▶ _Your assignment_
Search the material below for "added" and copy every line where it occurs.

▶ _Data supplied_
===
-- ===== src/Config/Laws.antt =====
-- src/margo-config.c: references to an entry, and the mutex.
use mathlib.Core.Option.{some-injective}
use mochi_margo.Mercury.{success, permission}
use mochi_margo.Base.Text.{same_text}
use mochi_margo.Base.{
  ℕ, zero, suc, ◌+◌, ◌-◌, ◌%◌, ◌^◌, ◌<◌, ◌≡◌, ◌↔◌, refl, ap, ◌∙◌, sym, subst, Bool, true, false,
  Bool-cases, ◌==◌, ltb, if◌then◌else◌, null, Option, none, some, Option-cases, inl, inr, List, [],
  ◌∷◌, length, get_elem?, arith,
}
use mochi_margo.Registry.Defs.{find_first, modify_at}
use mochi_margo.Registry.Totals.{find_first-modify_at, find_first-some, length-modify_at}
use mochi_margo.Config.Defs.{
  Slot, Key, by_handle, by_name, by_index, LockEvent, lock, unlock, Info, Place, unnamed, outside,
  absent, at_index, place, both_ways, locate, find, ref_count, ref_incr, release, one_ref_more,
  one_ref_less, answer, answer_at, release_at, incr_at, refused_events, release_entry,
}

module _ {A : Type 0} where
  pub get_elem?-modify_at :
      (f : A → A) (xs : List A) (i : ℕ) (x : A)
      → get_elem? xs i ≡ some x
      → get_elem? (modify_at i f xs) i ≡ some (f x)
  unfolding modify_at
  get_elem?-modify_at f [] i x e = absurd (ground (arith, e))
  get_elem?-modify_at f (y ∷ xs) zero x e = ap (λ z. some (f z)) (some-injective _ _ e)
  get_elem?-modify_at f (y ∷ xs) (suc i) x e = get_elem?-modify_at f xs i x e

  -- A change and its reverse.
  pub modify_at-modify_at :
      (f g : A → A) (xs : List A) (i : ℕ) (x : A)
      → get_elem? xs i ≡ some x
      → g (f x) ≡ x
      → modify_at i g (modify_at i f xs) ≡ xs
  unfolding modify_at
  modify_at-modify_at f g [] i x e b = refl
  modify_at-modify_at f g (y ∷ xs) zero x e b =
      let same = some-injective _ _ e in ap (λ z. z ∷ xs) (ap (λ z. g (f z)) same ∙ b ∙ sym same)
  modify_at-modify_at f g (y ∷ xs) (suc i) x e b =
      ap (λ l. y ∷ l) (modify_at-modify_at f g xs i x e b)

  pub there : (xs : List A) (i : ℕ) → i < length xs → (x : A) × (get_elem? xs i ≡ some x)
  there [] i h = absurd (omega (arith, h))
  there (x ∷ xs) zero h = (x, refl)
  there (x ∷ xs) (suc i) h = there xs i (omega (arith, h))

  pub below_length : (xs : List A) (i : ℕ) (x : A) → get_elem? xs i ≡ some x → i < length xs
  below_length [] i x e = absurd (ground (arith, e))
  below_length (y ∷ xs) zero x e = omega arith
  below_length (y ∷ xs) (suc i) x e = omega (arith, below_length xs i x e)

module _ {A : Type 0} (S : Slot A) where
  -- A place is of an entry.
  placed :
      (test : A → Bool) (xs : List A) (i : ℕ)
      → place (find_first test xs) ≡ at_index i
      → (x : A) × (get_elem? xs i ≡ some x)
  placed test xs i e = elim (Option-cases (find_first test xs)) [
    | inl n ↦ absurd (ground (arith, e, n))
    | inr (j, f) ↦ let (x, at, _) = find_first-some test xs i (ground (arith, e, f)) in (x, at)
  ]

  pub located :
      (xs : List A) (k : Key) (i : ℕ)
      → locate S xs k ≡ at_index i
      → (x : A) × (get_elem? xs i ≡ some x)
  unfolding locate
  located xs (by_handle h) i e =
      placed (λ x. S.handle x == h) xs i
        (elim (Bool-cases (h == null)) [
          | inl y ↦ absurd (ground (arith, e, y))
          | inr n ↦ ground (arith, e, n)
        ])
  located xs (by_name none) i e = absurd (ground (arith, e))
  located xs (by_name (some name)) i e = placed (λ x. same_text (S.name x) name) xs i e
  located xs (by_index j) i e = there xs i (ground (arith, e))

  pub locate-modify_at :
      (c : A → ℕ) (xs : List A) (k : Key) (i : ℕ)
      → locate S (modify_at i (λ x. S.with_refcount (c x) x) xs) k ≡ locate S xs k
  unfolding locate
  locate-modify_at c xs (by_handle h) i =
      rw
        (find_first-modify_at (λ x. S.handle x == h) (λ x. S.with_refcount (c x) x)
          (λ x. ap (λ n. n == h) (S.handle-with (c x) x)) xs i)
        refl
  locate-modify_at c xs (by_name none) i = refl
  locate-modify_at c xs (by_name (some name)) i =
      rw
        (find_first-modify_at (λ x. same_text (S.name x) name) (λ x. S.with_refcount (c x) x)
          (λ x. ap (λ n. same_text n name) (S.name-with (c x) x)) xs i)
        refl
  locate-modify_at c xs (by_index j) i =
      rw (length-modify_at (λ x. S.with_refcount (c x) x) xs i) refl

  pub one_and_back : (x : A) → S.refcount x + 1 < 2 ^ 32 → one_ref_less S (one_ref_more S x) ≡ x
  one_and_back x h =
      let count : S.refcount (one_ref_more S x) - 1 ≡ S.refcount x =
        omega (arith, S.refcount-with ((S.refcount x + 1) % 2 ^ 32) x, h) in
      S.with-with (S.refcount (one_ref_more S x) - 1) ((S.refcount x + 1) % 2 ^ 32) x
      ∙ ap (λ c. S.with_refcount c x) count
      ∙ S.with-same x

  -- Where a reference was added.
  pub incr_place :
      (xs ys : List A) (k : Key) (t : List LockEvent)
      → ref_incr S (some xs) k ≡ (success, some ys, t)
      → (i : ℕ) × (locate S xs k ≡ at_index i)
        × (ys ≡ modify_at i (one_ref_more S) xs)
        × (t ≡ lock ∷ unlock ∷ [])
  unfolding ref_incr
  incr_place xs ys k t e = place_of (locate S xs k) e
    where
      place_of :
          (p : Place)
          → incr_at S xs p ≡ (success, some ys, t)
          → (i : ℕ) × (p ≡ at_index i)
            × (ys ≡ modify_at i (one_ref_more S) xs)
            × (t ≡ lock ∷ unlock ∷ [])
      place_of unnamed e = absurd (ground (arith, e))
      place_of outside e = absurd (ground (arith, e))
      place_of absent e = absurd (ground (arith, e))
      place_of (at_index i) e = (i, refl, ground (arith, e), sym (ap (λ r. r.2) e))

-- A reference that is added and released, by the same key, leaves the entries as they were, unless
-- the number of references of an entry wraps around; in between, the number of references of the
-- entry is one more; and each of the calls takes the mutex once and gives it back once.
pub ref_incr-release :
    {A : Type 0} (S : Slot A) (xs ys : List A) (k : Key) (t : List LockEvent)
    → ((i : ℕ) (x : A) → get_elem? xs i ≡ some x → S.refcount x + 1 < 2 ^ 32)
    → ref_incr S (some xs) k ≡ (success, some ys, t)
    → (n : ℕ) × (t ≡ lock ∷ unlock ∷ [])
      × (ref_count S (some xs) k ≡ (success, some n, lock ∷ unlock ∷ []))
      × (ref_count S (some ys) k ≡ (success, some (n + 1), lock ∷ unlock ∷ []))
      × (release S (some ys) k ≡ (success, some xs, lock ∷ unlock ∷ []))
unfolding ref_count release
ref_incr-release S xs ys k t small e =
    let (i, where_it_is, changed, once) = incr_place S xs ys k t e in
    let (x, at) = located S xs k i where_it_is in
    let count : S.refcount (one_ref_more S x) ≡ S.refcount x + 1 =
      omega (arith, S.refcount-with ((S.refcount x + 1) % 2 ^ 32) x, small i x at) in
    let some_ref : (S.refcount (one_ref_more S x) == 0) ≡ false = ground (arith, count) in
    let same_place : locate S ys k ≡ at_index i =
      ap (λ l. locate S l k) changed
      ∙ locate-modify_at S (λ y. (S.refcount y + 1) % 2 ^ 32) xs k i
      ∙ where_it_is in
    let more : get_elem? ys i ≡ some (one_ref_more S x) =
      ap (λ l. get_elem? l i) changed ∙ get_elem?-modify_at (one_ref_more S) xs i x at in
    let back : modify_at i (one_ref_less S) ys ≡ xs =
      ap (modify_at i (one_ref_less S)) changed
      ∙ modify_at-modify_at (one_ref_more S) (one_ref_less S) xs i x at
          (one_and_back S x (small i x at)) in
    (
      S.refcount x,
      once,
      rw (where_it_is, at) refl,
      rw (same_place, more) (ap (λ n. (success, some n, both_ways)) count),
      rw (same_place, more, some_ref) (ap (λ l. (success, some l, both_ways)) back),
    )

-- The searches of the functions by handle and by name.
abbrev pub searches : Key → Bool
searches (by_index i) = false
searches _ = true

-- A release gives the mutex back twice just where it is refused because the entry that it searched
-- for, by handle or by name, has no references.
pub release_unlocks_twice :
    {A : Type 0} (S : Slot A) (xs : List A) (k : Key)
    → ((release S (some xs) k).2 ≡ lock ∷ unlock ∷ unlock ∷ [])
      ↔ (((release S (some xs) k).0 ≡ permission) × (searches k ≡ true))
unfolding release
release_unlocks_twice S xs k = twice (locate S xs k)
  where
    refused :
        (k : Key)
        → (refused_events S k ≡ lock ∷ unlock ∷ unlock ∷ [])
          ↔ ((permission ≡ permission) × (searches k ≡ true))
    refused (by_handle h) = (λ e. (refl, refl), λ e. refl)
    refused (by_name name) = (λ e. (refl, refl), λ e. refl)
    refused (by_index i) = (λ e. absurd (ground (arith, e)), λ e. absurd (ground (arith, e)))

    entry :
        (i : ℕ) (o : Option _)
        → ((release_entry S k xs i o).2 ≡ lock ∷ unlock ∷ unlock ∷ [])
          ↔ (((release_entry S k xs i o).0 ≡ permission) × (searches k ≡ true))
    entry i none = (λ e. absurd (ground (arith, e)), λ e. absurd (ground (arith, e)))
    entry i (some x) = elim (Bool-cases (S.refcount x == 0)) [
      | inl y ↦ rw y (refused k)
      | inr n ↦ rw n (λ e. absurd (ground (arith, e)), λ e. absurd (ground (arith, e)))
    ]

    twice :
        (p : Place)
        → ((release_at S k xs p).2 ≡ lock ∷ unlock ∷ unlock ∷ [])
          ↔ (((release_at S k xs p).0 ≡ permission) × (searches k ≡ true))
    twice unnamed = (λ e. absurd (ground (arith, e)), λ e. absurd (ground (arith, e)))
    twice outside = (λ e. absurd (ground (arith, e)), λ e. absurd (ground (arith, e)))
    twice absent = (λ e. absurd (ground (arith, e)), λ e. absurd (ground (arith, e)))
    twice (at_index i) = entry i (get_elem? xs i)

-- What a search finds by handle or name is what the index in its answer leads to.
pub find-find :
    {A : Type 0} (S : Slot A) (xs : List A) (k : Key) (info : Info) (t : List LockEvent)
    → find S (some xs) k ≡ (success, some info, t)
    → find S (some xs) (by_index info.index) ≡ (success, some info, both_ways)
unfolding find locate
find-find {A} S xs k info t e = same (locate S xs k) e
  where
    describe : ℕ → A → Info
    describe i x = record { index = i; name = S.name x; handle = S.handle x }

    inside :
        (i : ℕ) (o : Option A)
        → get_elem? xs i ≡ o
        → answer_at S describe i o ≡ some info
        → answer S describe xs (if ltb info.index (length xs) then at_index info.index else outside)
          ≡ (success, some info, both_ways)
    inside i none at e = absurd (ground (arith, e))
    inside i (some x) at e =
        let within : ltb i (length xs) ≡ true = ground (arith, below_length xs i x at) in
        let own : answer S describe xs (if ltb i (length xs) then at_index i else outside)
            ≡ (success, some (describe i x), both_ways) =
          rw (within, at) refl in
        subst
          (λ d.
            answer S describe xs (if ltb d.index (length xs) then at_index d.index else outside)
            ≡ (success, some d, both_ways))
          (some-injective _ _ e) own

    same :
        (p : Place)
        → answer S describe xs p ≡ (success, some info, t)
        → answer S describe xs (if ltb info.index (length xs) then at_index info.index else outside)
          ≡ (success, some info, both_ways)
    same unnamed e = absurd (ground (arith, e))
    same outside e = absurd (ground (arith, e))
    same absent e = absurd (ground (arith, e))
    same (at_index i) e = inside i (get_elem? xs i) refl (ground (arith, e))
===
▶ _Exercise solution_
  -- Where a reference was added.
-- A reference that is added and released, by the same key, leaves the entries as they were, unless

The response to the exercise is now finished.